Researchers urge FTC to adopt encrypted whistleblower channel for antitrust violations

Written by Nihal Krishan

A new cryptographic, open-source tool created by policy specialists at the Aspen Institute could significantly streamline and improve the Federal Trade Commission’s whistleblower antitrust complaint process.

Currently, the FTC uses a simpler and less secure email process for antitrust whistleblower complaints, which four Aspen Institute technology scholars want to revolutionize with a proposed new user interface. The researchers say the tool could improve the collection of whistleblower reports of companies’ anti-competitive behavior.

Gathering evidence of antitrust violations from employees is a key part of the FTC’s enforcement action. This evidence is crucial because the increasingly complex algorithms and code of commercial products make anti-competitive behavior harder to detect.

The Aspen researchers – Arjun Hassard, Justino Mora, Julia Uhr and Ritvik Vasudevan – are pushing the FTC to roll out their “intelligent and secure reporting channel”, according to their guidance note, to allow for better communication between staff of the FTC and whistleblowers using an open source platform.

“When we showed them, the FTC was very impressed with what we built,” said Arjun Hassard, lead author of Aspen’s guidance note and creator of the proposed whistleblower tool. FTC.

“They said the prototype made a lot of sense, so hopefully it will be used in FTC business in the future, especially since the FTC is underfunded and this tool is quite cheap to maintain. given that it’s built on open-source software that can easily be run in-house instead of a multi-million dollar contract,” Hassard said.

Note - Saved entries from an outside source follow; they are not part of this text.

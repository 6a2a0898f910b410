-- ===== src/Network/Headers/Scrub.antt =====
-- The values that `scrub` lets out under each header name.
use mathlib.Core.List.{append-nil}
use dev_browse.Prelude.{
  ℕ, ◌≡◌, refl, ◌∙◌, Bool, true, false, not, ◌&&◌, List, [], ◌∷◌, ◌++◌, Option, none, some, arith,
  if◌then◌else◌, is_empty,
}
use dev_browse.Prelude.Text.{bytes, same_text, any_same, same_text_eq}
use dev_browse.Network.Blocklist.Rule.{to_ascii_lowercase, lower}
use dev_browse.Network.Headers.{
  Header, HeaderPolicy, strip_names, override_names, referer_header, policy_headers, pass_headers,
  supplies_accept, compute_referer, scrub,
}

-- The values under a name that is given in lower case, in their order.
unfoldable pub values : List ℕ → List Header → List (List ℕ)
values n [] = []
values n ((name, value) ∷ headers) =
    let rest = values n headers in
    if same_text (to_ascii_lowercase name) n then value ∷ rest else rest

abbrev pub accept : List ℕ
accept = bytes "accept"

values-append : (n : List ℕ) (a b : List Header) → values n (a ++ b) ≡ values n a ++ values n b
unfolding values
values-append n [] b = refl
values-append n ((name, value) ∷ a) b = ground (arith, values-append n a b)

values-pass_headers :
    (n : List ℕ) (headers : List Header)
    → values n (pass_headers headers) ≡ (
        if any_same n override_names
        then []
        else if any_same n strip_names
        then []
        else values n headers)
unfolding values pass_headers
values-pass_headers n [] = ground arith
values-pass_headers n ((name, value) ∷ headers) =
    ground (arith, values-pass_headers n headers, same_text_eq (to_ascii_lowercase name) n)

-- Neither list has `accept`.
accept_free :
    (n : List ℕ)
    → n ≡ accept
    → (any_same n strip_names ≡ false) × (any_same n override_names ≡ false)
unfolding any_same same_text strip_names override_names
accept_free n e = rw e (refl, refl)

supplies_accept-values :
    (headers : List Header) → supplies_accept headers ≡ not (is_empty (values accept headers))
unfolding supplies_accept values
supplies_accept-values [] = refl
supplies_accept-values ((name, value) ∷ headers) =
    let n = to_ascii_lowercase name in
    ground (arith, supplies_accept-values headers, same_text_eq n accept, accept_free n)

-- The names that the policy injects are override names.
overridden :
    (s : List ℕ)
    → any_same s override_names ≡ true
    → (n : List ℕ) → same_text s n ≡ true
    → any_same n override_names ≡ true
overridden s h n e = rw (same_text_eq s n e) at h

-- A header with an override name has no value under any other name.
values_injected :
    (n name value : List ℕ) (headers : List Header)
    → any_same (to_ascii_lowercase name) override_names ≡ true
    → any_same n override_names ≡ false
    → values n ((name, value) ∷ headers) ≡ values n headers
unfolding values
values_injected n name value headers h f = ground (arith, overridden (to_ascii_lowercase name) h n)

values-referer_header :
    (n : List ℕ) (referer : Option (List ℕ))
    → any_same n override_names ≡ false
    → values n (referer_header referer) ≡ []
unfolding override_names any_same same_text to_ascii_lowercase lower
values-referer_header n none f = unfold values in refl
values-referer_header n (some r) f =
    values_injected n (bytes "Referer") r [] refl f ∙ unfold values in refl

values_optional :
    (n name value : List ℕ) (b : Bool) (headers : List Header)
    → any_same (to_ascii_lowercase name) override_names ≡ true
    → any_same n override_names ≡ false
    → values n ((if b then (name, value) ∷ [] else []) ++ headers) ≡ values n headers
values_optional n name value true headers h f = values_injected n name value headers h f
values_optional n name value false headers h f = refl

values-policy_headers :
    (n : List ℕ) (policy : HeaderPolicy) (referer : Option (List ℕ))
    → any_same n override_names ≡ false
    → values n (policy_headers policy referer) ≡ []
unfolding policy_headers override_names any_same same_text to_ascii_lowercase lower
values-policy_headers n policy referer f =
    values_injected n (bytes "User-Agent") policy.user_agent _ refl f
    ∙ values_injected n (bytes "Accept-Language") policy.accept_language _ refl f
    ∙ values_injected n (bytes "Accept-Encoding") policy.accept_encoding _ refl f
    ∙ values_optional n (bytes "DNT") (bytes "1") policy.send_dnt _ refl f
    ∙ values_optional n (bytes "Sec-GPC") (bytes "1") policy.send_sec_gpc _ refl f
    ∙ values-referer_header n referer f

values-default_accept :
    (n default : List ℕ) (b : Bool)
    → values n (if b then [] else (bytes "Accept", default) ∷ [])
      ≡ (if b then [] else if same_text accept n then default ∷ [] else [])
unfolding values to_ascii_lowercase lower
values-default_accept n default true = refl
values-default_accept n default false = refl

abbrev pub injected : HeaderPolicy → List ℕ → List ℕ → List ℕ → List Header
injected policy site_origin target_host target_url =
    policy_headers policy (compute_referer policy.referer site_origin target_host target_url)

-- What a server sees under a name, whatever the renderer sent: under an override name exactly what the
-- policy injects, under a stripped name nothing, under `accept` what the renderer sent or else the
-- default of the policy, and under any other name what the renderer sent, in its order; a name of the
-- `Sec-CH-UA-*` or `X-Forwarded-*` families that the list of stripped names does not hold is such a name.
pub values-scrub :
    (n : List ℕ) (policy : HeaderPolicy) (origin host url : List ℕ) (headers : List Header)
    → values n (scrub policy origin host url headers) ≡ (
        if any_same n override_names
        then values n (injected policy origin host url)
        else if any_same n strip_names
        then []
        else if same_text accept n && is_empty (values n headers)
        then policy.accept_default ∷ []
        else values n headers)
unfolding scrub
values-scrub n policy origin host url headers =
    rw
      (
        values-append n (injected policy origin host url) _,
        values-append n (pass_headers headers) _,
        values-pass_headers n headers,
        supplies_accept-values headers,
        values-default_accept n,
      )
      (ground (
        arith,
        values-policy_headers n policy (compute_referer policy.referer origin host url),
        append-nil (values n (injected policy origin host url)),
        append-nil (values n headers),
        same_text_eq accept n,
        accept_free n,
      ))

The FTC endorsed the creation of the tool by the four Aspen researchers, and offered general guidance on what the agency would need from such a tool before the tech researchers create the prototype. The Aspen researchers are optimistic that the Trade Commission will consider using the prototype as a guiding design and proof of concept for future whistleblower channels.

The prototype tool is built on top of GlobaLeaks, a well-known and trusted free open source software intended to enable secure and anonymous whistleblower initiatives that was launched in 2011.

According to Hassard, the purpose of the whistleblower tool is to educate and reduce the risk for civil participants, primarily workers and technology employees, to voluntarily report anti-competitive behavior.

“Since it’s open source, we’ll be taking feedback from hackers, privacy groups, and others to create stronger security and a much better sense of trust, which to our opinion, is innovative in the government space,” Hassard said. “It would be one of the first major informant fundamental frameworks that is open source.”

Whistleblowers and evidence from long, multi-year investigations play a key role in the FTC’s ability to successfully prosecute and regulate technology companies for anticompetitive practices and force behavioral change.

The Commerce Committee has spoken out over the past two years under Chairman Lina Khan to get creative with tackling the monopolistic practices of Big Tech companies by filing more antitrust lawsuits, blocking more mergers, revisiting previous agreements and being open to more complaints from whistleblowers.

Antitrust violations or anticompetitive behavior are harder to realize, detect and communicate when hidden in large amounts of software code or complicated algorithms, Hassard said, and it’s increasingly a problem. that the FTC wants to address and be more aggressive.

“There aren’t many examples of open source, incentive-based design like this working well in government right now and we want the good ideas in this space to not just be kept unnaturally in private space for personal enrichment, but rather for societal public good as well,” Hassard said.